• **Required action**
Please start at the first line of the records beneath and quote each line exactly, ending with the line containing "wk.full (buf ++".

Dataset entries
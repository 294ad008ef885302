-- ===== src/Network/Messages/Codec/Writes.antt =====
-- When an encoder writes a given string of bytes: it appends the bytes if they fit, and returns an
-- error if they do not.
use openscreen_rs.Base.{
  fits_or_not, ℕ, ◌+◌, ◌^◌, ◌≤◌, ◌<◌, ◌≡◌, inl, inr, List, [], ◌∷◌, ◌++◌, arith, length,
  length-append, append-nil, append_assoc, take-length-append, flatten, Outcome, ok, err, panic,
  Action, pure, ◌>>=◌, ◌>>◌, ap, ◌∙◌, continue, lt→ltb, le→ltb, map_err,
}
use openscreen_rs.Deps.{Deps, Laws}
use openscreen_rs.Common.{MessageError}
use openscreen_rs.Common.TypeKey.{encode_type_key}
use openscreen_rs.Network.Messages.Codec.{write_all, write_pieces, emit}

abbrev pub IsErr : {E A : Type 0} → Outcome E A → Type 0
IsErr (ok a) = ⊥
IsErr (err e) = Unit {0}
IsErr panic = ⊥

pub record Writes (n : ℕ) (m : Action (List ℕ) MessageError (Unit {0})) (bytes : List ℕ)
    : Type 0 where
  pub fits : (buf : List ℕ) → length buf + length bytes ≤ n → m buf ≡ (ok tt, buf ++ bytes)
  pub full : (buf : List ℕ) → length buf ≤ n → n < length buf + length bytes → IsErr (m buf).0

module _ (n : ℕ) where
  pub Writes-pure : Writes n (pure tt) []
  unfolding pure
  Writes-pure = record { fits = λ buf h. rw append-nil; full = λ buf h k. absurd (omega arith) }

  IsErr-then :
      (r : Outcome MessageError (Unit {0})) (k : Action (List ℕ) MessageError (Unit {0}))
      (buf : List ℕ)
      → IsErr r
      → IsErr (continue r (λ _. k) buf).0
  IsErr-then (ok a) k buf h = absurd h
  IsErr-then (err e) k buf h = h
  IsErr-then panic k buf h = h

  pub Writes-then :
      {m k : Action (List ℕ) MessageError (Unit {0})} {xs ys : List ℕ}
      → Writes n m xs
      → Writes n k ys
      → Writes n (m >> k) (xs ++ ys)
  unfolding ◌>>=◌
  Writes-then {m} {k} {xs} {ys} wm wk = record {
    fits = λ buf h. rw (wm.fits buf (omega (arith, length-append xs ys))) (
        wk.fits (buf ++ xs) (omega (arith, length-append xs ys, length-append buf xs))
        ∙ ap (λ b. (ok tt, b)) (append_assoc buf xs ys));
    full = λ buf h over. elim (fits_or_not (length buf + length xs) n) [
      | inl room ↦ rw (wm.fits buf room) (
          wk.full (buf ++ xs) (omega (arith, length-append buf xs))
            (omega (arith, length-append buf xs, length-append xs ys)))
      | inr none ↦ IsErr-then (m buf).0 k (m buf).1 (wm.full buf h none)
    ];
  }

module _ (d : Deps) (laws : Laws d) (n : ℕ) where
  write_all-Writes : (bytes : List ℕ) → Writes n (write_all d n bytes) bytes
  unfolding write_all
  write_all-Writes bytes = record {
    fits = λ buf h. rw (laws.heapless.extend_fits n buf bytes h);
    full = λ buf h over. rw (laws.heapless.extend_full n buf bytes over) tt;
  }

  write_pieces-Writes :
      (pieces : List (List ℕ)) → Writes n (write_pieces d n pieces) (flatten pieces)
  unfolding write_pieces flatten
  write_pieces-Writes [] = Writes-pure n
  write_pieces-Writes (piece ∷ pieces) =
      Writes-then n (write_all-Writes piece) (write_pieces-Writes pieces)

  map_err-IsErr :
      (e : MessageError) (r : Outcome MessageError (Unit {0}))
      → IsErr r
      → IsErr (map_err {A = Unit {0}} e r)
  map_err-IsErr e (ok a) h = h
  map_err-IsErr e (err x) h = tt
  map_err-IsErr e panic h = h

  pub emit-Writes : (pieces : List (List ℕ)) → Writes n (emit d n pieces) (flatten pieces)
  unfolding emit
  emit-Writes pieces = record {
    fits = λ buf h. rw ((write_pieces-Writes pieces).fits buf h);
    full = λ buf h over. map_err-IsErr _ _ ((write_pieces-Writes pieces).full buf h over);
  }

  -- A type key that is not written is refused before anything is written.
  pub type_key-Writes :
      (key : ℕ) → key < 2 ^ 16 → Writes n (encode_type_key d n key) (d.varint.encode key)
  unfolding encode_type_key
  type_key-Writes key small = record {
    fits = λ buf h.
        rw (← size, take-length-append encoded _, le→ltb _ _ h, le→ltb 4 (length encoded) short)
          (rw (laws.heapless.extend_fits n buf encoded h));
    full = λ buf h over. rw (← size, lt→ltb _ _ over) tt;
  }
    where
      encoded : List ℕ
      encoded = d.varint.encode key

      size : length (d.varint.encode key) ≡ d.varint.size key
      size = laws.varint.encode_size key (omega arith)

      short : length (d.varint.encode key) ≤ 4
      short = omega (arith, size, laws.varint.size_bound key (omega arith))
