-- ===== src/Application/Messages/Wire.antt =====
-- The bytes of each application message on the wire: its type key, then a CBOR map. The encoders write
-- them.
pub mod Agent
pub mod Presentation
pub mod Availability
pub mod Connection
pub mod Message
use openscreen_rs.Base.{ℕ, ◌++◌, List, [], ◌∷◌, flatten, length, Action}
use openscreen_rs.Deps.{Deps, Laws}
use openscreen_rs.Common.{MessageError}
use openscreen_rs.Common.TypeKey.{encode_type_key}
use openscreen_rs.Network.Messages.Codec.Writes.{
  Writes, Writes-pure, Writes-then, emit-Writes, type_key-Writes,
}
use openscreen_rs.Application.Kinds.{ApplicationMessageType, application_key}
use openscreen_rs.Application.Codes.{application_key_small}
use openscreen_rs.Application.Messages.Encode.{encode_items, encode_list}

module _ (d : Deps) where
  abbrev pub kind_bytes : ApplicationMessageType → List ℕ
  kind_bytes kind = d.varint.encode (application_key kind)

  abbrev pub u64_bytes : ℕ → List ℕ
  u64_bytes x = flatten (d.encoder.u64 x)

  abbrev pub u16_bytes : ℕ → List ℕ
  u16_bytes x = flatten (d.encoder.u16 x)

  abbrev pub text_bytes : List ℕ → List ℕ
  text_bytes text = flatten (d.encoder.str text)

  abbrev pub items_bytes : {A : Type 0} → (A → List ℕ) → List A → List ℕ
  items_bytes item_bytes [] = []
  items_bytes item_bytes (x ∷ xs) = item_bytes x ++ items_bytes item_bytes xs

  abbrev pub list_bytes : {A : Type 0} → (A → List ℕ) → List A → List ℕ
  list_bytes item_bytes xs = flatten (d.encoder.array (length xs)) ++ items_bytes item_bytes xs

module _ (d : Deps) (laws : Laws d) (n : ℕ) where
  pub kind-Writes :
      (kind : ApplicationMessageType)
      → Writes n (encode_type_key d n (application_key kind)) (kind_bytes d kind)
  kind-Writes kind = type_key-Writes d laws n (application_key kind) (application_key_small kind)

  module _ {A : Type 0} {item : A → Action (List ℕ) MessageError (Unit {0})}
      {item_bytes : A → List ℕ} (item-Writes : (x : A) → Writes n (item x) (item_bytes x)) where
    items-Writes : (xs : List A) → Writes n (encode_items d n item xs) (items_bytes d item_bytes xs)
    unfolding encode_items
    items-Writes [] = Writes-pure n
    items-Writes (x ∷ xs) = Writes-then n (item-Writes x) (items-Writes xs)

    pub list-Writes :
        (xs : List A) → Writes n (encode_list d n item xs) (list_bytes d item_bytes xs)
    unfolding encode_list
    list-Writes xs = Writes-then n (emit-Writes d laws n _) (items-Writes xs)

• **Output below**
repository 294ad008ef885302
-- ===== src/Network/Messages/Codec/Writes.antt =====
-- When an encoder writes a given string of bytes: it appends the bytes if they fit, and returns an
-- error if they do not.
use openscreen_rs.Base.{
  fits_or_not, ℕ, ◌+◌, ◌^◌, ◌≤◌, ◌<◌, ◌≡◌, inl, inr, List, [], ◌∷◌, ◌++◌, arith, length,
  length-append, append-nil, append_assoc, take-length-append, flatten, Outcome, ok, err, panic,
  Action, pure, ◌>>=◌, ◌>>◌, ap, ◌∙◌, continue, lt→ltb, le→ltb, map_err,
}
use openscreen_rs.Deps.{Deps, Laws}
use openscreen_rs.Common.{MessageError}
use openscreen_rs.Common.TypeKey.{encode_type_key}
use openscreen_rs.Network.Messages.Codec.{write_all, write_pieces, emit}

abbrev pub IsErr : {E A : Type 0} → Outcome E A → Type 0
IsErr (ok a) = ⊥
IsErr (err e) = Unit {0}
IsErr panic = ⊥

pub record Writes (n : ℕ) (m : Action (List ℕ) MessageError (Unit {0})) (bytes : List ℕ)
    : Type 0 where
  pub fits : (buf : List ℕ) → length buf + length bytes ≤ n → m buf ≡ (ok tt, buf ++ bytes)
  pub full : (buf : List ℕ) → length buf ≤ n → n < length buf + length bytes → IsErr (m buf).0

module _ (n : ℕ) where
  pub Writes-pure : Writes n (pure tt) []
  unfolding pure
  Writes-pure = record { fits = λ buf h. rw append-nil; full = λ buf h k. absurd (omega arith) }

  IsErr-then :
      (r : Outcome MessageError (Unit {0})) (k : Action (List ℕ) MessageError (Unit {0}))
      (buf : List ℕ)
      → IsErr r
      → IsErr (continue r (λ _. k) buf).0
  IsErr-then (ok a) k buf h = absurd h
  IsErr-then (err e) k buf h = h
  IsErr-then panic k buf h = h

  pub Writes-then :
      {m k : Action (List ℕ) MessageError (Unit {0})} {xs ys : List ℕ}
      → Writes n m xs
      → Writes n k ys
      → Writes n (m >> k) (xs ++ ys)
  unfolding ◌>>=◌
  Writes-then {m} {k} {xs} {ys} wm wk = record {
    fits = λ buf h. rw (wm.fits buf (omega (arith, length-append xs ys))) (
        wk.fits (buf ++ xs) (omega (arith, length-append xs ys, length-append buf xs))
        ∙ ap (λ b. (ok tt, b)) (append_assoc buf xs ys));
    full = λ buf h over. elim (fits_or_not (length buf + length xs) n) [
      | inl room ↦ rw (wm.fits buf room) (
          wk.full (buf ++ xs) (omega (arith, length-append buf xs))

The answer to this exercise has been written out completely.